Stored items
*** Begin section ***

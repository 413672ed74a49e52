-- ===== src/Merkle/Tables.antt =====
-- The table of the Merkle nodes of a database (`getMerkleNode` and `putMerkleNode` of
-- AbstractLevelDb.ts).
use carmentis_node.Base.{arith, ◌≡◌, some, Bytes, bytes_eq, if◌then◌else◌}
use carmentis_node.Database.Stores.{Table, Database}
use carmentis_node.Merkle.{Nodes}

module _ (db : Database) where
  pub table_nodes-get_put :
      (s : db.Store) (k j v : Bytes)
      → db.get_raw (db.put_raw s Table.merkle_node k v) Table.merkle_node j
        ≡ (if bytes_eq k j then some v else db.get_raw s Table.merkle_node j)
  table_nodes-get_put s k j v =
      ground (arith, db.get-put s Table.merkle_node Table.merkle_node k j v)

  abbrev pub table_nodes : Nodes
  table_nodes = record {
    Db = db.Store;
    get_merkle_node = λ s k. db.get_raw s Table.merkle_node k;
    put_merkle_node = λ s k v. db.put_raw s Table.merkle_node k v;
    get-put = table_nodes-get_put;
  }
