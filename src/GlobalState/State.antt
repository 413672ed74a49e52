-- ===== src/GlobalState/State.antt =====
-- What the global state reads and stores (GlobalState.ts, and the accessors of AbstractLevelDb.ts
-- that it calls).
use carmentis_node.Base.{
  arith, false, ◌≡◌, ℕ, ◌-◌, Bool, true, not, Option, none, some, List, [], Bytes, bytes_eq, drop,
  length, ◌==◌, if◌then◌else◌, Result, ok, thrown, is_some, replicate,
}
use carmentis_node.Base.Effects.{done, failed, Action, pure, throw_when, read, modify, ◌>>=◌, ◌>>◌}
use carmentis_node.Database.Stores.{Table, Database}
use carmentis_node.Accounts.State.{World}
use carmentis_node.Merkle.{add_tree_leaf}
use carmentis_node.RadixTree.Write.{set_pair}
use carmentis_node.Storage.Cached.{CachedStorage, add_microblock_to_buffer}
use carmentis_node.Merkle.Tables.{table_nodes}
use carmentis_node.GlobalState.Types.{
  ValidatorSet, ChainInformation, BlockInformation, Protocol, Microblock, VirtualBlockchain,
  ProcessedMicroblock, Node, NodeSdk,
}

-- The new day of the cleaning: `setNewDayTimestamp`.
abbrev pub set_new_day_timestamp : {db : Database} → ℕ → Action (Node db) (Unit {0})
set_new_day_timestamp day = modify (λ n. record n { new_day_timestamp = day })

abbrev pub with_store : {db : Database} → Node db → db.Store → Node db
with_store n s = record n { world = record n.world { store = s } }

-- A call of the account manager.
abbrev pub on_world : {db : Database} {A : Type 0} → Action (World db) A → Action (Node db) A
on_world act n = elim (act n.world) [
  | done a w ↦ done a (record n { world = w })
  | failed w ↦ failed (record n { world = w })
]

-- A call that writes to the database alone.
abbrev pub on_store : {db : Database} {A : Type 0} → Action db.Store A → Action (Node db) A
on_store act n = elim (act n.world.store) [
  | done a s ↦ done a (with_store n s)
  | failed s ↦ failed (with_store n s)
]

-- The cached storage, over the cached database.
abbrev pub cached_storage : {db : Database} → Node db → CachedStorage db
cached_storage n = record {
  content_to_be_written = n.content_to_be_written;
  cached_microblocks = n.cached_microblocks;
  store = n.world.store;
  disk = n.disk;
}

abbrev pub with_storage : {db : Database} → Node db → CachedStorage db → Node db
with_storage n s = record n {
  world = record n.world { store = s.store };
  content_to_be_written = s.content_to_be_written;
  cached_microblocks = s.cached_microblocks;
  disk = s.disk;
}

module _ (db : Database) (sdk : NodeSdk db) where
  -- `putRaw`
  abbrev pub put_entry : Table → Bytes → Bytes → Action (Node db) (Unit {0})
  put_entry t k v = modify (λ n. with_store n (db.put_raw n.world.store t k v))

  -- `getChainInformation`, with its default
  unfoldable pub get_chain_information : db.Store → ChainInformation
  get_chain_information s = elim (db.get_raw s Table.chain_information sdk.chain_information_key) [
    | none ↦ record {
      height = 0;
      last_block_timestamp = 0;
      microblock_count = 0;
      object_counts = replicate sdk.n_virtual_blockchains 0;
      protocol_virtual_blockchain_id = sdk.accounts.null_hash;
    }
    | some serialized ↦ sdk.decode_chain_information serialized
  ]

  -- `putChainInformation`
  abbrev pub put_chain_information : ChainInformation → Action (Node db) (Unit {0})
  put_chain_information information =
      put_entry Table.chain_information sdk.chain_information_key
        (sdk.encode_chain_information information)

  -- `getBlockInformation` and `putBlockInformation`
  unfoldable pub get_block_information : db.Store → ℕ → Option BlockInformation
  get_block_information s height =
      elim (db.get_raw s Table.block_information (sdk.convert_height_to_table_key height)) [
        | none ↦ none
        | some serialized ↦ some (sdk.decode_block_information serialized)
      ]

  abbrev pub put_block_information : ℕ → BlockInformation → Action (Node db) (Unit {0})
  put_block_information height information =
      put_entry Table.block_information (sdk.convert_height_to_table_key height)
        (sdk.encode_block_information information)

  -- `putBlockContent` and `putBlockModifiedAccounts`
  abbrev pub put_block_content : ℕ → List ProcessedMicroblock → Action (Node db) (Unit {0})
  put_block_content height microblocks =
      put_entry Table.block_content (sdk.convert_height_to_table_key height)
        (sdk.encode_block_content microblocks)

  abbrev pub put_block_modified_accounts : ℕ → List Bytes → Action (Node db) (Unit {0})
  put_block_modified_accounts height accounts =
      put_entry Table.block_modified_accounts (sdk.convert_height_to_table_key height)
        (sdk.encode_modified_accounts accounts)

  -- `getBlockContent(height) !== undefined`
  abbrev pub has_block_content : db.Store → ℕ → Bool
  has_block_content s height =
      is_some (db.get_raw s Table.block_content (sdk.convert_height_to_table_key height))

  -- `getValidatorSet` and `putValidatorSet`
  unfoldable pub get_validator_set : db.Store → Bytes → Option ValidatorSet
  get_validator_set s address = elim (db.get_raw s Table.validator_set address) [
    | none ↦ none
    | some response ↦ some (sdk.decode_validator_set response)
  ]

  unfoldable pub put_validator_set : Bytes → ValidatorSet → Action (Node db) (Unit {0})
  put_validator_set address validator_set = do
    throw_when (not (length address == 20))
    throw_when (not (length validator_set.validator_node_hash == 32))
    put_entry Table.validator_set address (sdk.encode_validator_set validator_set)

  -- `getProtocolVirtualBlockchainIdentifier`
  unfoldable pub get_protocol_virtual_blockchain_identifier : db.Store → Result Bytes
  unfolding get_chain_information
  get_protocol_virtual_blockchain_identifier s =
      let id = (get_chain_information s).protocol_virtual_blockchain_id in
      if bytes_eq id sdk.accounts.null_hash then thrown else ok id

  -- The body of the `try` in `getProtocolState`.
  unfoldable pub load_protocol_state : db.Store → Result Protocol
  load_protocol_state s = elim (get_protocol_virtual_blockchain_identifier s) [
    | thrown ↦ thrown
    | ok id ↦ elim (db.get_raw s Table.virtual_blockchain_state id) [
      | none ↦ ok sdk.initial_protocol
      | some serialized ↦ sdk.decode_protocol serialized
    ]
  ]

  -- `getProtocolState`, as a call: every error is caught, and gives the initial state.
  abbrev pub try_protocol_state : db.Store → Result Protocol
  try_protocol_state s = elim (load_protocol_state s) [
    | thrown ↦ ok sdk.initial_protocol
    | ok protocol ↦ ok protocol
  ]

  -- Its value
  unfoldable pub get_protocol_state : db.Store → Protocol
  unfolding load_protocol_state
  get_protocol_state s = elim (try_protocol_state s) [
    | thrown ↦ sdk.initial_protocol
    | ok protocol ↦ protocol
  ]

  -- `isProtocolVbDefined`: whether `getProtocolState` returns.
  unfoldable pub is_protocol_vb_defined : db.Store → Bool
  is_protocol_vb_defined s = elim (try_protocol_state s) [ thrown ↦ false | ok protocol ↦ true ]

  -- It does return, since it catches what is thrown.
  pub is_protocol_vb_defined-true : (s : db.Store) → is_protocol_vb_defined s ≡ true
  unfolding is_protocol_vb_defined
  is_protocol_vb_defined-true s = ground arith

  -- `storeProtocolVirtualBlockchainIdentifier`
  unfoldable pub store_protocol_virtual_blockchain_identifier : Bytes → Action (Node db) (Unit {0})
  unfolding get_chain_information
  store_protocol_virtual_blockchain_identifier identifier = do
    information ← read (λ n. get_chain_information n.world.store)
    throw_when (not (bytes_eq information.protocol_virtual_blockchain_id sdk.accounts.null_hash))
    put_chain_information (record information { protocol_virtual_blockchain_id = identifier })

  -- `storeNodeVirtualBlockchainIndex`
  abbrev pub store_node_virtual_blockchain_index : Bytes → Action (Node db) (Unit {0})
  store_node_virtual_blockchain_index identifier = put_entry Table.validator_index identifier []

  -- The seed of a first microblock: `getPreviousHash().toBytes().slice(8)`
  abbrev pub genesis_seed_of : Microblock → Bytes
  genesis_seed_of microblock = drop 8 microblock.previous_hash

  -- `genesisSeedExists`
  abbrev pub genesis_seed_exists : db.Store → Bytes → Bool
  genesis_seed_exists s seed = is_some (db.get_raw s Table.genesis_seed seed)

  -- `storeMicroblockHashInMerkleTree`: the new root hash
  unfoldable pub store_microblock_hash_in_merkle_tree :
      VirtualBlockchain → Microblock → Action (Node db) Bytes
  store_microblock_hash_in_merkle_tree vb microblock n =
      elim (add_tree_leaf sdk.hashes (table_nodes db) vb.id (microblock.height - 1) microblock.hash
        n.world.store) [ thrown ↦ failed n | ok added ↦ done added.0 (with_store n added.1) ]

  -- `storeVirtualBlockchainState`, with the root hash that was set
  unfoldable pub store_virtual_blockchain_state :
      VirtualBlockchain → Bytes → Action (Node db) (Unit {0})
  store_virtual_blockchain_state vb root_hash = do
    let serialized = vb.serialized_state root_hash
    on_store (set_pair sdk.radix db Table.vb_radix vb.id (sdk.accounts.sha256 serialized))
    put_entry Table.virtual_blockchain_state vb.id serialized

  -- `storeMicroblock`
  unfoldable pub store_microblock :
      ℕ → VirtualBlockchain → Microblock → Bytes → Action (Node db) (Unit {0})
  store_microblock expiration_day vb microblock transaction = do
    modify (λ n. with_storage n (
        add_microblock_to_buffer sdk.storage db expiration_day microblock.hash transaction
          (cached_storage n)))
    put_entry Table.microblock_vb_information microblock.hash
        (sdk.encode_microblock_information microblock vb.id vb.kind)
    if microblock.height == 1
        then put_entry Table.genesis_seed (genesis_seed_of microblock) []
        else pure tt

*** End section ***

Requirement:
From the line holding "thrown ↦ thrown" to the line holding "unfolding load_protocol_state", inclusive, restate each line above exactly as written.

Final answer:
    | thrown ↦ thrown
    | ok id ↦ elim (db.get_raw s Table.virtual_blockchain_state id) [
      | none ↦ ok sdk.initial_protocol
      | some serialized ↦ sdk.decode_protocol serialized
    ]
  ]

  -- `getProtocolState`, as a call: every error is caught, and gives the initial state.
  abbrev pub try_protocol_state : db.Store → Result Protocol
  try_protocol_state s = elim (load_protocol_state s) [
    | thrown ↦ ok sdk.initial_protocol
    | ok protocol ↦ ok protocol
  ]

  -- Its value
  unfoldable pub get_protocol_state : db.Store → Protocol
  unfolding load_protocol_state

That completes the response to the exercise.